If anyone owns/has driven a MK3 and has some advice that would be very much appreciated!


----------



## kevin#34 (Jan 8, 2019)

Somebody will tell you to go for a TT, since once 2-staged it will go as fast as TTS (forgetting that even a stage-2 TTS goes as fast as a TT-RS..)
long story short, go for a TTS if you can afford it, completely a different story in terms of std equipment (_quattro_, magnetic ride...)
No YM to avoid specifically, obviously newer/less mileage is better than older/higher mileage.
Thermostat leakage and supersport seat side trims crack the only well known issues, affecting both TT/TTS


----------



## MrOCD (Feb 9, 2021)

kevin#34 said:


> Somebody will tell you to go for a TT, since once 2-staged it will go as fast as TTS (forgetting that even a stage-2 TTS goes as fast as a TT-RS..)
> long story short, go for a TTS if you can afford it, completely a different story in terms of std equipment (_quattro_, magnetic ride...)
> No YM to avoid specifically, obviously newer/less mileage is better than older/higher mileage.
> Thermostat leakage and supersport seat side trims crack the only well known issues, affecting both TT/TTS


Correction: Stage one TT is faster than a TTS.


----------



## kevin#34 (Jan 8, 2019)

mhh, don't think so, anyway no big meaning in comparing stock vs, tuned… and stock with stock I would prefer a TTS, stage 1 with stage 1 I would again prefer a TTS, and so on


----------



## TTpiloti (Oct 9, 2020)

I've got a TT quattro with stock 230 engine. It's a decent spec with sline, comfort, sound and tech packs. Would I like the extra power of the tts? Yes, but in reality a tts would be no faster in real road driving (I've driven with a 400bhp stage 1 mk2 ttrs and 911 carrera and not been embarrassed on public roads), so don't feel the extra power and uplifted trim bits are worth the extra £4 to £5k a tts would cost for a similar age car. The standard suspension is fine (certainly after the rock hard z4 I had previously), the magnetic ride will be eye wateringly expensive if it goes wrong.


----------



## gogs (Dec 22, 2010)

Test drive them all and go for whatever you like best, it’s you that owns and drives it at the end of the day


Sent from my iPhone using Tapatalk


----------



## BlackTipReefShark (Jun 1, 2016)

TTS you wont ever regret it, TT you'll always wonder

i nearly bought a newer TT, test drove a few, didn't even test drive the TTs, just started it and bought it on the spot

up grading a TT is not the same, so much more to it suspension, brakes, exhaust etc

TTS hands down, so much more power than the TT and its always there


----------



## Kenway (Jul 19, 2021)

It depends on whether you want more equipment or engine?
If you find yourself wanting navigation, mirror dipping, Automatic climate…and you spend most time from traffic light to traffic light.
Then take a well spec TT.

If you have place to enjoy extra HP. Than go for TTS. No brainer!
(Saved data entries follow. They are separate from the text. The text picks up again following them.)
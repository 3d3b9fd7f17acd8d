-- ===== src/Time/Convert.antt =====
-- Relative and absolute times, and the conversion between clocks.
use Prim.Native.Nat.{compare}
use toywasm.Base.{ℕ, ◌+◌, ◌-◌, ◌*◌, ◌/◌, ◌^◌, ◌≤◌, ◌<◌, ◌≡◌, refl, arith, true, false, ltb, leb}
use toywasm.Base.{if◌then◌else◌, Result, ok, err, eoverflow, inl, inr, lt_or_le}
use toywasm.Time.{Timespec, is_lt, ms_roundup}
use toywasm.Time.{int_max, abstime_from_reltime_ns, abstime_to_reltime_ms_roundup, convert_timespec}
use toywasm.Time.Arithmetic.{IsNormalized, nanos, timespec_cmp-compare, IsTimeOrOverflow}
use toywasm.Time.Arithmetic.{
  timespec_add-IsTimeOrOverflow, timespec_sub-IsTime, timespec_from_ns-IsTime,
}

-- A number of nanoseconds from a clock's reading is that much later, or EOVERFLOW.
pub abstime_from_reltime_ns-IsTimeOrOverflow :
    (now : Timespec) (reltime_ns : ℕ)
    → IsNormalized now
    → reltime_ns < 2 ^ 64
    → IsTimeOrOverflow
        (nanos now + reltime_ns)
        (abstime_from_reltime_ns (ok now) reltime_ns)
        (ltb (nanos now + reltime_ns) (2 ^ 63 * 1000000000))
unfolding abstime_from_reltime_ns
abstime_from_reltime_ns-IsTimeOrOverflow now reltime_ns h r =
    let (rel, e, hr, er) = timespec_from_ns-IsTime reltime_ns r in
    rw (e, ← er) (timespec_add-IsTimeOrOverflow now rel h hr)

-- Milliseconds that an `int` holds, or EOVERFLOW.
abbrev pub int_or_overflow : ℕ → Result ℕ
int_or_overflow ms = if leb ms int_max then ok ms else err eoverflow

ms_roundup-eq :
    (t : Timespec) → IsNormalized t → ms_roundup t ≡ int_or_overflow ((nanos t + 999999) / 1000000)
unfolding ms_roundup
ms_roundup-eq t h = ground (arith, h.sec, h.nsec)

-- What is left until a time, in milliseconds rounded up: 0 if it has passed, EOVERFLOW exactly if an
-- `int` does not hold it. No assertion fails.
pub abstime_to_reltime_ms_roundup-eq :
    (now abstime : Timespec)
    → IsNormalized now
    → IsNormalized abstime
    → abstime_to_reltime_ms_roundup (ok now) abstime
      ≡ int_or_overflow ((nanos abstime - nanos now + 999999) / 1000000)
unfolding abstime_to_reltime_ms_roundup
abstime_to_reltime_ms_roundup-eq now abstime hn ha = elim (lt_or_le (nanos abstime) (nanos now)) [
  | inl passed ↦ rw (timespec_cmp-compare abstime now ha hn) (ground (arith, passed))
  | inr ahead ↦
      let (t, e, ht, et) = timespec_sub-IsTime abstime now ha hn ahead in
      rw (timespec_cmp-compare abstime now ha hn, e, not_lt ahead, ms_roundup-eq t ht, et) refl
]
  where
    not_lt : nanos now ≤ nanos abstime → is_lt (compare (nanos abstime) (nanos now)) ≡ false
    not_lt le = ground arith

module _ (from_now to_now from_ts : Timespec) (hf : IsNormalized from_now)
    (ht : IsNormalized to_now) (h : IsNormalized from_ts) where
  -- The conversion of a time that has not passed on its clock: the same distance from the reading of
  -- the other clock, or EOVERFLOW.
  pub convert_timespec-IsTimeOrOverflow :
      nanos from_now ≤ nanos from_ts
      → IsTimeOrOverflow
          (nanos from_ts - nanos from_now + nanos to_now)
          (convert_timespec (ok from_now) (ok to_now) from_ts)
          (ltb (nanos from_ts - nanos from_now + nanos to_now) (2 ^ 63 * 1000000000))
  unfolding convert_timespec
  convert_timespec-IsTimeOrOverflow ahead =
      let (t, e, hd, ed) = timespec_sub-IsTime from_ts from_now h hf ahead in
      rw (timespec_cmp-compare from_ts from_now h hf, not_lt ahead, e, ← ed)
        (timespec_add-IsTimeOrOverflow t to_now hd ht)
    where
      not_lt :
          nanos from_now ≤ nanos from_ts → is_lt (compare (nanos from_ts) (nanos from_now)) ≡ false
      not_lt le = ground arith

  -- A time that has passed on its clock, by less than the other clock shows, is refused with
  -- EOVERFLOW, although the other clock has had that time.
  convert_timespec-err :
      nanos from_ts < nanos from_now
      → nanos from_now - nanos from_ts < nanos to_now
      → convert_timespec (ok from_now) (ok to_now) from_ts ≡ err eoverflow
  unfolding convert_timespec
  convert_timespec-err passed shown =
      let (t, e, hd, ed) = timespec_sub-IsTime from_now from_ts hf h (omega arith) in
      rw
        (
          timespec_cmp-compare from_ts from_now h hf,
          is_before passed,
          e,
          timespec_cmp-compare to_now t ht hd,
          ed,
        )
        (ground (arith, shown))
    where
      is_before :
          nanos from_ts < nanos from_now → is_lt (compare (nanos from_ts) (nanos from_now)) ≡ true
      is_before lt = ground arith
Worst you can do is get a low spec TTS and then spend 90% of time asking if it’s possible to retrofit x, y ,z?

Best choice is a mid mileage but good spec TTS. Kinda solves all problems 😁

problems:
Kevin pretty much said it all
super sport seats can have side trim issues
Thermostat and water pump can leak. (There are like 1000 of topics on 100 of forums regarding this issue that plagues all VW brands)


----------



## wendigo (Oct 28, 2015)

Having owned and driven both I'm of the opinion that the TTS is the one to go for. It's noticeably quicker and better to drive in any given situation and better equipped . Go for the newest model you can afford with the auto box , FASH and some decent warranty. Good luck.


----------



## MrOCD (Feb 9, 2021)

TTpiloti said:


> I've got a TT quattro with stock 230 engine. It's a decent spec with sline, comfort, sound and tech packs. Would I like the extra power of the tts? Yes, but in reality a tts would be no faster in real road driving (I've driven with a 400bhp stage 1 mk2 ttrs and 911 carrera and not been embarrassed on public roads), so don't feel the extra power and uplifted trim bits are worth the extra £4 to £5k a tts would cost for a similar age car. The standard suspension is fine (certainly after the rock hard z4 I had previously), the magnetic ride will be eye wateringly expensive if it goes wrong.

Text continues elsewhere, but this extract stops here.